Erving was to the New York Nets at that time what Babe Ruth was to the New York Yankees. He was a superhero that rose the basketball team from the abyss to championship status. However, when the American Basketball Association was absorbed into the National Basketball Association in 1976, everything changed. The ABA was no more and the Nets once again would have their fate decided by their rivals, the New York Knicks.
The Nets were one of four teams that joined as part of the merger that took place between the two leagues. Upon joining, there was a $4.8 million fee that was owed to the New York Knicks, as demanded by the NBA. The only way the team could afford this was to sell Erving. The Philadelphia 76ers were more than happy to fork out the money for him.
The cost that came with selling Erving was a price that deeply wounded the New York Nets as a championship-quality team. The 1976-77 season was the worst it ever experienced, which was a severe blow considering it won the ABA title at the end of the previous season. It only won twenty-two of the eighty-two games scheduled. To make matters worse, the home game attendance was abysmal.
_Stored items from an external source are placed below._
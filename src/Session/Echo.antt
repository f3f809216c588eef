-- ===== src/Session/Echo.antt =====
-- `process_echo` of central_server/main.cpp and of client_test/main.cpp, which are the same.
use packet_distribution_syst.Prelude.{List, [], ◌∷◌, ℤ, pos, ◌+ℤ◌, ltb_ℤ, if◌then◌else◌}
use packet_distribution_syst.Text.{StoiError, Stoi, value, throws, stoi, to_string}
use packet_distribution_syst.Packets.{EchoPacket, echo}
use packet_distribution_syst.Session.{Call, send_packet}

-- An exception of `std::stoi` leaves the handler before anything is sent. `undefined` is the
-- overflow of the int in `… + 1`.
pub data Outcome : Type 0 where
  returns : List Call → Outcome
  raises : StoiError → Outcome
  undefined : Outcome

abbrev pub int_max : ℤ
int_max = pos 0x7fff_ffff

unfoldable pub reply : Stoi → Outcome
reply (throws e) = raises e
reply (value z) =
    if ltb_ℤ z int_max
    then returns (send_packet (echo (record { echo_message = to_string (z +ℤ pos 1) })) ∷ [])
    else undefined

unfoldable pub process_echo : EchoPacket → Outcome
unfolding reply
process_echo packet = reply (stoi packet.echo_message)
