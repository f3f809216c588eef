-- ===== src/Exchange.antt =====
-- A session between central_server/main.cpp and client_test/main.cpp: the handlers that each end
-- registers, run on the packets as they come. Packets arrive in the order in which they are sent, as
-- on a TCP connection, and each end handles one at a time.
pub mod Phases
pub mod Refinement
pub mod Schedule
pub mod Liveness
pub mod Overflow
pub mod Sessions
pub mod Peer
use packet_distribution_syst.Prelude.{Option, none, some, List, [], ◌∷◌, ◌++◌, Bool, true, false}
use packet_distribution_syst.Archive.{◌>>=◌}
use packet_distribution_syst.Packets.{Packet, dh_request, dh_response, echo}
use packet_distribution_syst.Packets.Crypto.{Crypto, DhKeyExchangeResponsePacket, Encryption}
use packet_distribution_syst.Session.{Call, send_packet, setup_encryption, destroy}
use packet_distribution_syst.Session.Echo.{Outcome, returns, process_echo}
use packet_distribution_syst.Server.Encryption.{Draws, encryption_handler_server}
use packet_distribution_syst.Client.Encryption.{make_request, on_response}

-- One end: its encryption, whether its session is destroyed, and the packets on the way to it.
pub record End : Type 0 where
  pub encryption : Option Encryption
  pub destroyed : Bool
  pub inbox : List Packet

pub record Network : Type 0 where
  pub server : End
  pub client : End

-- The calls of a handler at one end, with the packets on the way to the other.
unfoldable pub perform : List Call → End → List Packet → End × List Packet
perform [] self outbox = (self, outbox)
perform (send_packet packet ∷ calls) self outbox = perform calls self (outbox ++ (packet ∷ []))
perform (setup_encryption encryption ∷ calls) self outbox =
    perform calls (record self { encryption = some encryption }) outbox
perform (destroy ∷ calls) self outbox = perform calls (record self { destroyed = true }) outbox

-- The calls of a handler that returns; none for an exception or an overflow.
unfoldable pub calls_of : Outcome → Option (List Call)
calls_of (returns calls) = some calls
calls_of _ = none

-- The client's coroutine waits for one response.
unfoldable pub await_response : Option Encryption → Option (List Call) → Option (List Call)
await_response none calls = calls
await_response (some encryption) calls = some []

module _ (C : Crypto) where
  -- The handlers that the server registers.
  unfoldable pub server_handlers :
      C.Signer → Draws C.DiffieHellmanHelper → End → Packet → Option (List Call)
  unfolding calls_of
  server_handlers signer draws self (dh_request request) =
      encryption_handler_server C signer draws request
  server_handlers signer draws self (echo packet) = calls_of (process_echo packet)
  server_handlers signer draws self _ = some []

  -- The client's echo handler, and its coroutine.
  unfoldable pub client_handlers :
      C.Verifier → C.DiffieHellmanHelper → End → Packet → Option (List Call)
  unfolding calls_of await_response
  client_handlers verifier dh self (dh_response response) =
      await_response self.encryption (on_response C verifier dh response)
  client_handlers verifier dh self (echo packet) = calls_of (process_echo packet)
  client_handlers verifier dh self _ = some []

-- An end takes the next packet, if one is there.
unfoldable pub receive :
    (End → Packet → Option (List Call))
    → End
    → List Packet
    → List Packet
    → Option (End × List Packet)
unfolding perform
receive handlers self [] outbox = some (self, outbox)
receive handlers self (packet ∷ inbox) outbox =
    handlers self packet >>= λ calls. some (perform calls (record self { inbox = inbox }) outbox)

pub data Side : Type 0 where
  at_server at_client : Side

module _ (C : Crypto) (signer : C.Signer) (verifier : C.Verifier) (dh : C.DiffieHellmanHelper)
    (draws : Draws C.DiffieHellmanHelper) where
  unfoldable pub step : Side → Network → Option Network
  unfolding receive server_handlers client_handlers
  step at_server n =
      receive (server_handlers C signer draws) n.server n.server.inbox n.client.inbox
      >>= λ (server, outbox).
          some (record { server = server; client = record (n.client) { inbox = outbox } })
  step at_client n =
      receive (client_handlers C verifier dh) n.client n.client.inbox n.server.inbox
      >>= λ (client, outbox).
          some (record { server = record (n.server) { inbox = outbox }; client = client })

  -- The coroutine has sent its request.
  unfoldable pub connected_network : Network
  connected_network = record {
    server = record {
      encryption = none;
      destroyed = false;
      inbox = dh_request (make_request C dh) ∷ [];
    };
    client = record { encryption = none; destroyed = false; inbox = [] };
  }

  -- The ends take turns in any order.
  unfoldable pub run_network : List Side → Network → Option Network
  unfolding step
  run_network [] n = some n
  run_network (side ∷ sides) n = step side n >>= λ m. run_network sides m
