-- ===== src/Handshake.antt =====
-- The key exchange between central_server/main.cpp (encryption_handler_server) and
-- client_test/main.cpp (setup_encryption_for_session).
use packet_distribution_syst.Prelude.{
  ℕ, ◌^◌, ◌≡◌, refl, ap, true, [], ◌∷◌, ◌++◌, ℤ, pos, negsuc, min_ℤ, max_ℤ, to_uint16, append_assoc,
  arith, length, ◌<◌, All, sym, ◌∙◌, zero, suc, some,
}
use mathlib.Core.Path.{ap₂}
use packet_distribution_syst.Archive.{◌>>=◌}
use packet_distribution_syst.Files.{or_empty}
use packet_distribution_syst.Packets.{dh_request, dh_response, echo}
use packet_distribution_syst.Packets.Crypto.{
  Crypto, IsKeyAgreement, IsKeyPair, DhKeyExchangeResponsePacket, Encryption, get_hash,
}
use packet_distribution_syst.Session.{send_packet, setup_encryption}
use packet_distribution_syst.Server.Encryption.{
  Draws, generate, choose_rounds, unsigned_response, make_response, encryption_handler_server,
}
use packet_distribution_syst.Client.Encryption.{
  first_echo, reject, make_request, on_response, setup_encryption_for_session,
}

-- Whatever the chi-squared distribution yields, the response asks for 20 rounds.
pub choose_rounds_const : (chi_squared : ℤ) → choose_rounds chi_squared ≡ pos 20
unfolding choose_rounds min_ℤ max_ℤ
choose_rounds_const (pos n) = ground arith
choose_rounds_const (negsuc n) = ground arith

length-generate : (count next : ℕ) (uniform : ℕ → ℕ) → length (generate count next uniform) ≡ count
unfolding generate
length-generate zero next uniform = refl
length-generate (suc count) next uniform = ap suc (length-generate count (suc next) uniform)

generate-bytes :
    (count next : ℕ) (uniform : ℕ → ℕ) → All (λ b. b < 2 ^ 8) (generate count next uniform)
unfolding generate
generate-bytes zero next uniform = tt
generate-bytes (suc count) next uniform = (omega arith, generate-bytes count (suc next) uniform)

module _ (C : Crypto) where
  make_response_rounds :
      (signer : C.Signer) (draws : Draws C.DiffieHellmanHelper)
      → to_uint16 (make_response C signer draws).n_rounds ≡ 20
  unfolding make_response unsigned_response to_uint16
  make_response_rounds signer draws = rw (choose_rounds_const draws.chi_squared) refl

  make_response_public_key :
      (signer : C.Signer) (draws : Draws C.DiffieHellmanHelper)
      → (make_response C signer draws).public_key ≡ C.get_public_key draws.dh
  unfolding make_response unsigned_response
  make_response_public_key signer draws = refl

  get_hash_same :
      (p q : DhKeyExchangeResponsePacket)
      → p.public_key ++ p.salt ≡ q.public_key ++ q.salt
      → get_hash C p ≡ get_hash C q
  unfolding get_hash
  get_hash_same p q same = ap C.compute_hash (
      sym (append_assoc p.public_key p.salt C.response_unique_id)
      ∙ ap (λ b. b ++ C.response_unique_id) same
      ∙ append_assoc q.public_key q.salt C.response_unique_id)

  on_response_accepted :
      (verifier : C.Verifier) (dh : C.DiffieHellmanHelper) (response : DhKeyExchangeResponsePacket)
      → C.verify_hash verifier (get_hash C response) response.signature ≡ true
      → on_response C verifier dh response ≡ (
          C.get_shared_secret dh response.public_key >>= λ secret. some (
            setup_encryption (record {
              key = C.compute_hash (secret ++ response.salt);
              salt = response.salt;
              n_rounds = to_uint16 response.n_rounds;
            })
            ∷ send_packet (echo first_echo)
            ∷ []))
  unfolding on_response reject
  on_response_accepted verifier dh response right = rw right refl

module _ (C : Crypto) (signer : C.Signer) (verifier : C.Verifier) where
  -- What the server installs for a client with key pair `dh`, from a public key that a helper made: the
  -- specification of the key.
  abbrev pub agreed : C.DiffieHellmanHelper → Draws C.DiffieHellmanHelper → Encryption
  agreed dh draws =
      let salt = (make_response C signer draws).salt in
      record {
        key =
            C.compute_hash (or_empty (C.get_shared_secret draws.dh (C.get_public_key dh)) ++ salt);
        salt = salt;
        n_rounds = 20;
      }

  make_response_accepted :
      IsKeyPair C signer verifier
      → (draws : Draws C.DiffieHellmanHelper)
      → let r = make_response C signer draws in
        C.verify_hash verifier (get_hash C r) r.signature ≡ true
  unfolding make_response get_hash
  make_response_accepted keys draws = keys _ draws.nonce

  -- With matching keys, the server and the client install the same encryption, the client rejects
  -- nothing, and the first echo goes out.
  pub handshake_agrees :
      IsKeyAgreement C
      → IsKeyPair C signer verifier
      → (dh : C.DiffieHellmanHelper) (draws : Draws C.DiffieHellmanHelper)
      → let response = make_response C signer draws in
        (encryption_handler_server C signer draws (make_request C dh)
          ≡ some (send_packet (dh_response response) ∷ setup_encryption (agreed dh draws) ∷ []))
        × (setup_encryption_for_session C verifier dh response
            ≡ some (
                send_packet (dh_request (make_request C dh))
                ∷ setup_encryption (agreed dh draws)
                ∷ send_packet (echo first_echo)
                ∷ []))
  unfolding encryption_handler_server setup_encryption_for_session make_request
  handshake_agrees agreement keys dh draws =
      let (secret, at_server, at_client) = agreement draws.dh dh in
      (
        rw (at_server, make_response_rounds C signer draws) refl,
        rw
            (
              on_response_accepted C verifier dh _ (make_response_accepted keys draws),
              make_response_rounds C signer draws,
              make_response_public_key C signer draws,
              at_client,
              at_server,
            )
            refl,
      )

  -- The signature covers neither the number of rounds nor where the public key ends and the salt
  -- begins: with matching keys, the client takes any response that spells the same bytes under the
  -- same signature, and installs the encryption that it asks for, unless no secret can be computed
  -- from its public key, where the coroutine throws.
  pub altered_response_accepted :
      IsKeyPair C signer verifier
      → (dh : C.DiffieHellmanHelper) (draws : Draws C.DiffieHellmanHelper)
        (altered : DhKeyExchangeResponsePacket)
      → let genuine = make_response C signer draws in
        altered.public_key ++ altered.salt ≡ genuine.public_key ++ genuine.salt
        → altered.signature ≡ genuine.signature
        → on_response C verifier dh altered ≡ (
            C.get_shared_secret dh altered.public_key >>= λ secret. some (
              setup_encryption (record {
                key = C.compute_hash (secret ++ altered.salt);
                salt = altered.salt;
                n_rounds = to_uint16 altered.n_rounds;
              })
              ∷ send_packet (echo first_echo)
              ∷ []))
  altered_response_accepted keys dh draws altered same signed =
      on_response_accepted C verifier dh altered (
        ap₂ (C.verify_hash verifier) (get_hash_same C altered (make_response C signer draws) same)
          signed
        ∙ make_response_accepted keys draws)

module _ (C : Crypto) where
  -- The salt of a response is eight bytes.
  pub make_response_salt :
      (signer : C.Signer) (draws : Draws C.DiffieHellmanHelper)
      → let salt = (make_response C signer draws).salt in
        (length salt ≡ 8) × All (λ b. b < 2 ^ 8) salt
  unfolding make_response unsigned_response
  make_response_salt signer draws =
      (length-generate 8 0 draws.uniform, generate-bytes 8 0 draws.uniform)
As a result, the financially strained Nets chose to move back to New Jersey before starting the 1977-78 season.
As disappointing as the 1976-77 season was, the Nets did have the first NBA team in history to have the starting lineup feature, left-handed players. Tim Bassett, Bubbles Hawkins, Kim Hughes, Al Skinner, and Dave Wohl each made history as lefties playing for a professional basketball team.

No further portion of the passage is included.